Come dice Antonello Mulas della Vineria Cellarius 78 di Cabras (OR): “la vernaccia è stata bistrattata negli anni, poiché non era considerata come vino da pasto. Un esempio: il Karmis di Contini, uva vernaccia vinificata in bianco, senza ossidazione e senza flor, usciva come Vernaccia della Valle del Tirso IGT. Il vino non veniva comprato perché la gente non era attratta dal pasteggiare con la vernaccia. Quando è uscito sul mercato come Bianco Tharros IGT, il Karmis è esploso, ed oggi  è uno dei maggiori contribuenti al fatturato aziendale” (oggi il Karmis è etichettato come Bianco Isola dei Nuraghi IGT ed è un blend di vernaccia e vermentino).

Sullo stesso argomento si è espresso anche Marco Delugas: “i vini che qui beviamo di più sono le Vernacce da brevi affinamenti, 2/3 anni al massimo, quelli che servono per ottenere ‘su murruai’. I lunghi affinamenti nascono da una tradizione radicata in Sardegna: quando lasceva una figlia femmina una botte di Vernaccia veniva lasciata a riposo fino a quando questa figlia non si sarebbe sposata (ancora oggi vedo molte botti identificate con nomi femminili). Il vino di quella botte sarebbe poi stato offerto il giorno del matrimonio”.

Proprio per diffondere la Vernaccia e la sua storia, e anche far capire che non è solo vino da meditazione ma che, nelle sue molteplici versioni, presenzia benissimo a tavola, Davide Orro, assieme a Mauro Contini ed altri produttori, si sono riuniti ad ottobre 2022 davanti a un notaio per firmare l’atto di fondazione del Consorzio Vernaccia di Oristano DOC. E, pur sembrando un controsenso, è partendo dalla diffusione delle ‘vernaccine’ come le chiamano Antonello Mulas e Marco Delugas, che passa la via del successo della Vernaccia di Oristano DOC. Per ‘vernaccine’ si intendono vini a base vernaccia prodotti sì tramite botti scolme e formazione di flor, ma dal breve affinamento, non sufficiente a raggiungere la DOC e dunque etichettabili solo come Valle del Tirso IGT. Vini più immediati e beverini, ma che richiamano il murruai del fratello maggiore più stagionato e blasonato, in modo da far avvicinare gradualmente il consumatore a questo vino magico.

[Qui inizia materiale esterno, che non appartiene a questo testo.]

-- ===== src/Log/Forward/Framing.antt =====
-- log.c: the messages that log_forward finds in the bytes from the FIFO are those that log_message
-- wrote, however the bytes are cut.
use mathlib.Core.List.{head-eq_of_cons-eq}
use daemonlib.Base.{
  ℕ, zero, suc, ◌+◌, ◌-◌, ◌≤◌, ◌<◌, ◌≡◌, ◌≢◌, refl, sym, ap, ap₂, ◌∙◌, Bool, true, false, List, [],
  ◌∷◌, ◌++◌, append_assoc, length, length-append, take, drop, take_all, take-drop_of_append, ltb,
  leb, ◌==◌, if◌then◌else◌, Bool-cases, inl, inr, arith,
}
use daemonlib.Log.Forward.{Message, message_size, log_message, strnlen, drain_loop}

-- Two ways to cut one list.
pub append_cut :
    {A : Type 0} (xs ys front back : List A)
    → xs ++ ys ≡ front ++ back
    → length front ≤ length xs
    → (zs : List A) × (xs ≡ front ++ zs) × (zs ++ ys ≡ back)
append_cut xs ys [] back e le = (xs, refl, e)
append_cut [] ys (a ∷ front) back e le = absurd (omega arith)
append_cut (x ∷ xs) ys (a ∷ front) back e le =
    let f : xs ++ ys ≡ front ++ back = ap (drop 1) e in
    let (zs, g, h) = append_cut xs ys front back f (omega arith) in
    (zs, ap₂ (λ y l. y ∷ l) (head-eq_of_cons-eq e) g, h)

abbrev pub NoNul : List ℕ → Type 0
NoNul [] = Unit {0}
NoNul (c ∷ cs) = (c ≢ 0) × NoNul cs

-- The text has no NUL and fits.
abbrev pub IsMessage : ℕ → Message → Type 0
IsMessage entry_size (entry, text) =
    (length entry ≡ entry_size) × NoNul text × (length text < message_size)

abbrev pub AreMessages : ℕ → List Message → Type 0
AreMessages e [] = Unit {0}
AreMessages e (m ∷ ms) = IsMessage e m × AreMessages e ms

abbrev pub frames : List Message → List ℕ
frames [] = []
frames (m ∷ ms) = log_message m ++ frames ms

abbrev pub forward_all : {S : Type 0} → (Message → S → S) → List Message → S → S
forward_all f [] s = s
forward_all f (m ∷ ms) s = forward_all f ms (f m s)

strnlen-text : (text rest : List ℕ) → NoNul text → strnlen (text ++ (0 ∷ rest)) ≡ length text
unfolding strnlen
strnlen-text [] rest h = refl
strnlen-text (c ∷ cs) rest (h, hs) = ground (arith, strnlen-text cs rest hs, h)

-- In a part of a text there is no NUL.
strnlen-part :
    (w zs text : List ℕ)
    → NoNul text
    → w ++ zs ≡ text ++ (0 ∷ [])
    → length w ≤ length text
    → strnlen w ≡ length w
unfolding strnlen
strnlen-part [] zs text h e le = refl
strnlen-part (c ∷ w) zs [] h e le = absurd (omega arith)
strnlen-part (c ∷ w) zs (d ∷ text) (h, hs) e le =
    let f : w ++ zs ≡ text ++ (0 ∷ []) = ap (drop 1) e in
    let g : c ≡ d = head-eq_of_cons-eq e in
    ground (arith, strnlen-part w zs text hs f (omega arith), h, g)

pub log_message_small :
    (entry text : List ℕ)
    → length text < message_size
    → log_message (entry, text) ≡ entry ++ (text ++ (0 ∷ []))
unfolding log_message
log_message_small entry text small = rw (take_all (message_size - 1) text (omega arith)) refl

abbrev pub IsCut : List Message → List ℕ → Type 0
IsCut [] buffer = length buffer ≡ 0
IsCut (m ∷ ms) buffer = length buffer < length (log_message m)

-- From the buffer, `stream` being still to come, the messages `gone` were taken, and `left` are to come.
pub record Drained {S : Type 0} (f : Message → S → S) (ms : List Message) (stream : List ℕ) (s : S)
    (r : S × List ℕ) : Type 0 where
  pub gone : List Message
  pub left : List Message
  pub all : ms ≡ gone ++ left
  pub state : r.0 ≡ forward_all f gone s
  pub bytes : r.1 ++ stream ≡ frames left
  pub cut : IsCut left r.1

if_same : {A : Type 0} (b : Bool) {x : A} → (if b then x else x) ≡ x
if_same true = refl
if_same false = refl

take_front : (xs ys : List ℕ) → take (length xs) (xs ++ ys) ≡ xs
take_front xs ys = (take-drop_of_append (length xs) xs ys (omega (arith, length-append xs ys))).0

drop_front : (xs ys : List ℕ) (n : ℕ) → n ≡ length xs → drop n (xs ++ ys) ≡ ys
drop_front xs ys n e = (take-drop_of_append n xs ys (omega (arith, length-append xs ys))).1

-- A frame takes a byte at least.
pub log_message_room : (m : Message) → 0 < length (log_message m)
unfolding log_message
log_message_room (entry, text) = omega (
  arith,
  length-append entry (take (message_size - 1) text ++ (0 ∷ [])),
  length-append (take (message_size - 1) text) (0 ∷ []),
)

module _ {S : Type 0} (f : Message → S → S) (entry_size : ℕ) where
  drain_step :
      (k : ℕ) (entry text rest : List ℕ) (s : S)
      → IsMessage entry_size (entry, text)
      → drain_loop f entry_size (suc k) (entry ++ (text ++ (0 ∷ rest))) s
        ≡ drain_loop f entry_size k rest (f (entry, text) s)
  unfolding drain_loop
  drain_step k entry text rest s (size, clean, small) =
      let buffer = entry ++ (text ++ (0 ∷ rest)) in
      let whole : length buffer ≡ entry_size + (length text + suc (length rest)) =
        omega (arith, length-append entry (text ++ (0 ∷ rest)), length-append text (0 ∷ rest)) in
      let body : drop entry_size buffer ≡ text ++ (0 ∷ rest) =
        drop_front entry _ entry_size (sym size) in
      let front : take entry_size buffer ≡ entry = rw (← size) (take_front entry _) in
      let n : strnlen (text ++ (0 ∷ rest)) ≡ length text = strnlen-text text rest clean in
      let t : take (length text) (text ++ (0 ∷ rest)) ≡ text = take_front text _ in
      let behind : drop (entry_size + length text + 1) buffer ≡ rest =
        ap (drop (entry_size + length text + 1)) (
          sym (
            append_assoc entry (text ++ (0 ∷ [])) rest
            ∙ ap (λ l. entry ++ l) (append_assoc text (0 ∷ []) rest)))
        ∙ drop_front (entry ++ (text ++ (0 ∷ []))) rest _ (
            omega
              (arith, length-append entry (text ++ (0 ∷ [])), length-append text (0 ∷ []), size)) in
      let a : (length buffer == 0) ≡ false = ground (arith, whole) in
      let b : ltb (length buffer) entry_size ≡ false = ground (arith, whole) in
      let c : leb (length buffer - entry_size) (length text) ≡ false = ground (arith, whole) in
      rw (drain_loop, a, b, body, n, c, front, t, behind) refl

  drain_waits :
      (k : ℕ) (entry text buffer zs : List ℕ) (s : S)
      → IsMessage entry_size (entry, text)
      → entry ++ (text ++ (0 ∷ [])) ≡ buffer ++ zs
      → length buffer < length entry + length text + 1
      → drain_loop f entry_size k buffer s ≡ (s, buffer)
  unfolding drain_loop
  drain_waits zero entry text buffer zs s m e cut = refl
  drain_waits (suc k) entry text buffer zs s (size, clean, small) e cut =
      elim (Bool-cases (ltb (length buffer) entry_size)) [
        | inl few ↦ rw few (if_same (length buffer == 0))
        | inr many ↦
            let (w, g, h) =
              append_cut buffer zs entry (text ++ (0 ∷ [])) (sym e) (ground (arith, many, size)) in
            let n : strnlen (drop entry_size buffer) ≡ length w =
              ap strnlen (ap (drop entry_size) g ∙ drop_front entry w entry_size (sym size))
              ∙ strnlen-part w zs text clean h
                  (omega (arith, ap length g, length-append entry w)) in
            let c : leb (length buffer - entry_size) (strnlen (drop entry_size buffer)) ≡ true =
              ground (arith, n, ap length g, length-append entry w, size) in
            rw (many, c) (if_same (length buffer == 0))
      ]

  drain_nothing :
      (k : ℕ) (buffer : List ℕ) (s : S)
      → length buffer ≡ 0
      → drain_loop f entry_size k buffer s ≡ (s, buffer)
  unfolding drain_loop
  drain_nothing zero buffer s e = refl
  drain_nothing (suc k) [] s e = refl
  drain_nothing (suc k) (c ∷ cs) s e = absurd (omega arith)

  Drained-cut :
      (k : ℕ) (m : Message) (ms : List Message) (buffer stream : List ℕ) (s : S)
      → IsMessage entry_size m
      → buffer ++ stream ≡ frames (m ∷ ms)
      → length buffer < length (log_message m)
      → Drained f (m ∷ ms) stream s (drain_loop f entry_size k buffer s)
  Drained-cut k (entry, text) ms buffer stream s (size, clean, small) e cut =
      let (zs, g, h) =
        append_cut (log_message (entry, text)) (frames ms) buffer stream (sym e)
          (omega (arith, cut)) in
      let whole = log_message_small entry text small in
      let waits =
        drain_waits k entry text buffer zs s (size, clean, small) (sym whole ∙ g)
          (omega (
            arith,
            cut,
            ap length whole,
            length-append entry (text ++ (0 ∷ [])),
            length-append text (0 ∷ []),
          )) in
      rw waits (record {
        gone = [];
        left = (entry, text) ∷ ms;
        all = refl;
        state = refl;
        bytes = e;
        cut = cut;
      })

  -- What is drained behind a first message.
  Drained-more :
      (m : Message) (ms : List Message) (stream : List ℕ) (s : S) (r : S × List ℕ)
      → Drained f ms stream (f m s) r
      → Drained f (m ∷ ms) stream s r
  Drained-more m ms stream s r d = record {
    gone = m ∷ d.gone;
    left = d.left;
    all = ap (λ l. m ∷ l) d.all;
    state = d.state;
    bytes = d.bytes;
    cut = d.cut;
  }

  drain_whole :
      (k : ℕ) (m : Message) (zs : List ℕ) (s : S)
      → IsMessage entry_size m
      → drain_loop f entry_size (suc k) (log_message m ++ zs) s
        ≡ drain_loop f entry_size k zs (f m s)
  drain_whole k (entry, text) zs s (size, clean, small) =
      ap (λ l. drain_loop f entry_size (suc k) l s)
        (ap (λ l. l ++ zs) (log_message_small entry text small)
          ∙ append_assoc entry (text ++ (0 ∷ [])) zs
          ∙ ap (λ l. entry ++ l) (append_assoc text (0 ∷ []) zs))
      ∙ drain_step k entry text zs s (size, clean, small)

  -- With fuel for every byte the loop takes each message that is complete, and no other.
  pub drain_loop_lem :
      (ms : List Message) (k : ℕ) (buffer stream : List ℕ) (s : S)
      → AreMessages entry_size ms
      → buffer ++ stream ≡ frames ms
      → length buffer ≤ k
      → Drained f ms stream s (drain_loop f entry_size k buffer s)
  drain_loop_lem [] k buffer stream s are e fuel =
      let none_left : length buffer ≡ 0 = omega (arith, ap length e, length-append buffer stream) in
      rw (drain_nothing k buffer s none_left)
        (record { gone = []; left = []; all = refl; state = refl; bytes = e; cut = none_left })
  drain_loop_lem (m ∷ ms) zero buffer stream s (is, are) e fuel =
      Drained-cut zero m ms buffer stream s is e (omega (arith, fuel, log_message_room m))
  drain_loop_lem (m ∷ ms) (suc k) buffer stream s (is, are) e fuel =
      elim (Bool-cases (ltb (length buffer) (length (log_message m)))) [
        | inl cut ↦ Drained-cut (suc k) m ms buffer stream s is e (ground (arith, cut))
        | inr whole ↦
            let (zs, g, h) =
              append_cut buffer stream (log_message m) (frames ms) e (ground (arith, whole)) in
            let size : length buffer ≡ length (log_message m) + length zs =
              ap length g ∙ length-append (log_message m) zs in
            rw (g, drain_whole k m zs s is)
              (Drained-more m ms stream s _ (
                drain_loop_lem ms k zs stream (f m s) are h
                  (omega (arith, fuel, size, log_message_room m))))
      ]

Ho approfittato della gentilezza di Marco Delugas per chiedergli qualche consiglio per gli acquisti e, da buon sardo, non è stato nè reticente nè parco di informazioni: “ce ne sarebbero decine di bottiglie notevoli ma, senza voler far torto a chicchessia, te ne indico quattro, tutte Vernaccia Valle del Tirso IGT: ‘Corbesa’ di Cantina del Rimedio, fatto con un blend di diverse annate (prezzo attorno ai 20€); ‘Eleonora’ di Fratelli Serra (attorno ai 15€); ‘Componidori’ di Contini, l’ultimo nato in azienda, una vernaccia che affina in botti di rovere che prima hanno contenuto vernacce invecchiate e tracce di flor (attorno ai 15€); e infine il ‘Crannatza’ di Famiglia Orro (attorno ai 20€)”.

Pensandoci, non sarebbe neanche la prima volta che una IGT funga da traino per una DOC. A questo punto non posso fare altro che attendere con fiducia un Vernaccia Tour in continente, perché si fatica a restare indifferenti di fronte a questo vino millenario e di impressionante versatilità.